START Data in this exercise

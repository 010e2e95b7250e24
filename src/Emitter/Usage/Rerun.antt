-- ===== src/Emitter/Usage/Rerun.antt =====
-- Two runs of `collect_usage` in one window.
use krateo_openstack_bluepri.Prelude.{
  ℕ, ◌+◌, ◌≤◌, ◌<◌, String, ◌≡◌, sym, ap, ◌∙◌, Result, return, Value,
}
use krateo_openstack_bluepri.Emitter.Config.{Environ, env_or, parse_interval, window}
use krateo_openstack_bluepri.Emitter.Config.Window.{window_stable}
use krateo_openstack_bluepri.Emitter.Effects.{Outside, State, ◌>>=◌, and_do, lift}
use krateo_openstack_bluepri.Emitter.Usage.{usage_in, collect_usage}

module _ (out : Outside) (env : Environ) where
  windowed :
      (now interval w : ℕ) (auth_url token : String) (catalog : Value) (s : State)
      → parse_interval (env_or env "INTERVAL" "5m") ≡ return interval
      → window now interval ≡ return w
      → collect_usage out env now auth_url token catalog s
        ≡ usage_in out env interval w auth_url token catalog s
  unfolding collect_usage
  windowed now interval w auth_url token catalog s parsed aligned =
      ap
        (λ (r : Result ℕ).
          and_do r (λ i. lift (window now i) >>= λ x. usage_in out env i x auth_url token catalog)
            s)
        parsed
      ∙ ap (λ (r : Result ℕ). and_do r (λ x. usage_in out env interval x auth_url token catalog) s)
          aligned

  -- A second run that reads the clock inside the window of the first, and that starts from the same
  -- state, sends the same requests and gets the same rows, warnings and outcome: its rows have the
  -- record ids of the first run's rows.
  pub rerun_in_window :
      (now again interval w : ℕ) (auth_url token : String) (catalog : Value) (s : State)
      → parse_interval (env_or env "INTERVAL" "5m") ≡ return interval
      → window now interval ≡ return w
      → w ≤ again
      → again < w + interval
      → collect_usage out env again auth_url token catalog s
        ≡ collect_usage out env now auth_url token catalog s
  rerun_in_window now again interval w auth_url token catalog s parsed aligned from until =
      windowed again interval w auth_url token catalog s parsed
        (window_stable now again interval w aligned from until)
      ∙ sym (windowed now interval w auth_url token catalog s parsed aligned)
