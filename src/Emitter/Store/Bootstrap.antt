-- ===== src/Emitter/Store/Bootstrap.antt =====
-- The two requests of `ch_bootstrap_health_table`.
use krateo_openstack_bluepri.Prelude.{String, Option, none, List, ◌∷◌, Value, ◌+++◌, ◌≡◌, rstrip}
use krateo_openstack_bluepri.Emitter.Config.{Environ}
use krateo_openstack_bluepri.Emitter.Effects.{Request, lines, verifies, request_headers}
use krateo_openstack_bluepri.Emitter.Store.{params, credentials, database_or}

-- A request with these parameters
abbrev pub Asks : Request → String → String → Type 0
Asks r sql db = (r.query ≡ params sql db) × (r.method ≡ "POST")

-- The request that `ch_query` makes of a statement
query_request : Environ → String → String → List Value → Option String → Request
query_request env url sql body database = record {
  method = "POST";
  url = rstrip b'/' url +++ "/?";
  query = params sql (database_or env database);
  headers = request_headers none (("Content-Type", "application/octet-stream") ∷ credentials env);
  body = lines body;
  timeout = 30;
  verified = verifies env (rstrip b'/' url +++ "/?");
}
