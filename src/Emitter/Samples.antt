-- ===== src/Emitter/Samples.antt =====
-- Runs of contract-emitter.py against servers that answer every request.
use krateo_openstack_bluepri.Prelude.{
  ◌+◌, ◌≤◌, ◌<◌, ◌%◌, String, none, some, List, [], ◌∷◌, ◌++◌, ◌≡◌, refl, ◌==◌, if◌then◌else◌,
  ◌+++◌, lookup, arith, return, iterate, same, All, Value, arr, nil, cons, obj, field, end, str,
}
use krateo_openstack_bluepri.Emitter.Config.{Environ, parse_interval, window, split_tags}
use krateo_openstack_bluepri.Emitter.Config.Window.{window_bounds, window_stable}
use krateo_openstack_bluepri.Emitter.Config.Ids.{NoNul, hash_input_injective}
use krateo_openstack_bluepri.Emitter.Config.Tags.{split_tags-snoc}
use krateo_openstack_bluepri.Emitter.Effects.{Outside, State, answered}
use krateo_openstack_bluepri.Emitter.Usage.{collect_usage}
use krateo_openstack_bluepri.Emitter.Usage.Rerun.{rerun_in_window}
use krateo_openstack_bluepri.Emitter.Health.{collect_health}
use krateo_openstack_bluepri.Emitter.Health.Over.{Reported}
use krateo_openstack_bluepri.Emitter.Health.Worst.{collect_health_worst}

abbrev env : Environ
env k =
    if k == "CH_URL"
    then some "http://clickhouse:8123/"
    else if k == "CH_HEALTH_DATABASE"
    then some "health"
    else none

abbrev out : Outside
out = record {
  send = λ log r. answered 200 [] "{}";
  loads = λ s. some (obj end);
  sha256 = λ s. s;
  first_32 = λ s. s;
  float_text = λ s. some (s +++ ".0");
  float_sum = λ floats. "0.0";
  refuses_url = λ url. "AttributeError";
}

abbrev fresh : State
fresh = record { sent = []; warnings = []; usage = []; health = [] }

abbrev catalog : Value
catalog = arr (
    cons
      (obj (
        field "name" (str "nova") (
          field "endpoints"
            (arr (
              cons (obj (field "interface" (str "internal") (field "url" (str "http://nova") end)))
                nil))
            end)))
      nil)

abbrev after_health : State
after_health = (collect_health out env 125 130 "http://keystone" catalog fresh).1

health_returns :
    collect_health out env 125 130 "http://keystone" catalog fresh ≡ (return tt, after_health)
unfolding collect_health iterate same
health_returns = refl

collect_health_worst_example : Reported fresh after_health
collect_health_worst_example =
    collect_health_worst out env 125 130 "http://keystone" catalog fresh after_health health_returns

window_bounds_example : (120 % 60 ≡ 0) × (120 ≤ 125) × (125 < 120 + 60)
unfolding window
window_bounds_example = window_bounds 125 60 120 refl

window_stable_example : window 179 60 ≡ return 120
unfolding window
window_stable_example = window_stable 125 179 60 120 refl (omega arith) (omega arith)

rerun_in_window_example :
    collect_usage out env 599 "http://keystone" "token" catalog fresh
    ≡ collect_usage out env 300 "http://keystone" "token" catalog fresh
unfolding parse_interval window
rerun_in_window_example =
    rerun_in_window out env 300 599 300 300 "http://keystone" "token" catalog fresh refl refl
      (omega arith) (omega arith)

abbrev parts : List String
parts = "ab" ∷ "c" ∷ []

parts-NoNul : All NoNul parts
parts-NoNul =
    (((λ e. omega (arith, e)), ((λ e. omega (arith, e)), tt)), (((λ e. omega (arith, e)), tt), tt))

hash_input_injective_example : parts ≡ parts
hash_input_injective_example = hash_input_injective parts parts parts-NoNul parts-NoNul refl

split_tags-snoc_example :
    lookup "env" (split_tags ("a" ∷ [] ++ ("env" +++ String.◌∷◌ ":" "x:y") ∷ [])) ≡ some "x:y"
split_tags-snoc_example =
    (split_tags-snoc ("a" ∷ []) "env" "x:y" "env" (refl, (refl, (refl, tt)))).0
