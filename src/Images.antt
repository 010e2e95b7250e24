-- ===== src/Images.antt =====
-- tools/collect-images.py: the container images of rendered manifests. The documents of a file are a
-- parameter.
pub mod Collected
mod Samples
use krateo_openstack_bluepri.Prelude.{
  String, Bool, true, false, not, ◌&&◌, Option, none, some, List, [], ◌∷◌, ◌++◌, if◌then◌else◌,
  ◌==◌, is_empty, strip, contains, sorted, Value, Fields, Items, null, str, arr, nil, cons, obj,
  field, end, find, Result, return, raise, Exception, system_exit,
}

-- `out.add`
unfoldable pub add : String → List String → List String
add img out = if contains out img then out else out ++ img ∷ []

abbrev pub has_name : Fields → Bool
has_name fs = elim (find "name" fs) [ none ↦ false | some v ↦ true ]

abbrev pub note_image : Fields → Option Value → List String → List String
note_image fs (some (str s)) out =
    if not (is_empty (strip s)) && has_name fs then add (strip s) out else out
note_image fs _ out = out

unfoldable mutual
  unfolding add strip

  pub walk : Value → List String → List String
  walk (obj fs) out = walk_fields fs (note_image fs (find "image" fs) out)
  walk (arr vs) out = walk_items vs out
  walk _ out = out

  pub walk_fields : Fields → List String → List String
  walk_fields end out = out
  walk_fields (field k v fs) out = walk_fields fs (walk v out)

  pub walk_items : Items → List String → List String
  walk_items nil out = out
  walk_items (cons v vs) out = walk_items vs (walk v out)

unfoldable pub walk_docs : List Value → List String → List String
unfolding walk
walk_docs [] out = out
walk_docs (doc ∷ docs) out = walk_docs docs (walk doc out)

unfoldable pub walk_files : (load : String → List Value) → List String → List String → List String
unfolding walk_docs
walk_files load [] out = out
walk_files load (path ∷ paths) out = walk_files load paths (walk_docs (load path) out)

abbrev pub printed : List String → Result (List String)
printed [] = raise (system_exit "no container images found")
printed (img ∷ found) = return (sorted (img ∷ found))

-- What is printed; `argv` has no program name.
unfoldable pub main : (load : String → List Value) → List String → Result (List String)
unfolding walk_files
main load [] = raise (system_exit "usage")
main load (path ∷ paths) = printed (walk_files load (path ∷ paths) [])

END Data in this exercise

What needs to be done: Using the data above, transcribe the lines that run from the line with "unfolding collect_usage" to the line with "query_request : Environ", both ends kept, and output nothing else.

Task response:
  unfolding collect_usage
  windowed now interval w auth_url token catalog s parsed aligned =
      ap
        (λ (r : Result ℕ).
          and_do r (λ i. lift (window now i) >>= λ x. usage_in out env i x auth_url token catalog)
            s)
        parsed
      ∙ ap (λ (r : Result ℕ). and_do r (λ x. usage_in out env interval x auth_url token catalog) s)
          aligned

  -- A second run that reads the clock inside the window of the first, and that starts from the same
  -- state, sends the same requests and gets the same rows, warnings and outcome: its rows have the
  -- record ids of the first run's rows.
  pub rerun_in_window :
      (now again interval w : ℕ) (auth_url token : String) (catalog : Value) (s : State)
      → parse_interval (env_or env "INTERVAL" "5m") ≡ return interval
      → window now interval ≡ return w
      → w ≤ again
      → again < w + interval
      → collect_usage out env again auth_url token catalog s
        ≡ collect_usage out env now auth_url token catalog s
  rerun_in_window now again interval w auth_url token catalog s parsed aligned from until =
      windowed again interval w auth_url token catalog s parsed
        (window_stable now again interval w aligned from until)
      ∙ sym (windowed now interval w auth_url token catalog s parsed aligned)
filename src/Emitter/Store/Bootstrap.antt
-- ===== src/Emitter/Store/Bootstrap.antt =====
-- The two requests of `ch_bootstrap_health_table`.
use krateo_openstack_bluepri.Prelude.{String, Option, none, List, ◌∷◌, Value, ◌+++◌, ◌≡◌, rstrip}
use krateo_openstack_bluepri.Emitter.Config.{Environ}
use krateo_openstack_bluepri.Emitter.Effects.{Request, lines, verifies, request_headers}
use krateo_openstack_bluepri.Emitter.Store.{params, credentials, database_or}

-- A request with these parameters
abbrev pub Asks : Request → String → String → Type 0
Asks r sql db = (r.query ≡ params sql db) × (r.method ≡ "POST")

-- The request that `ch_query` makes of a statement
query_request : Environ → String → String → List Value → Option String → Request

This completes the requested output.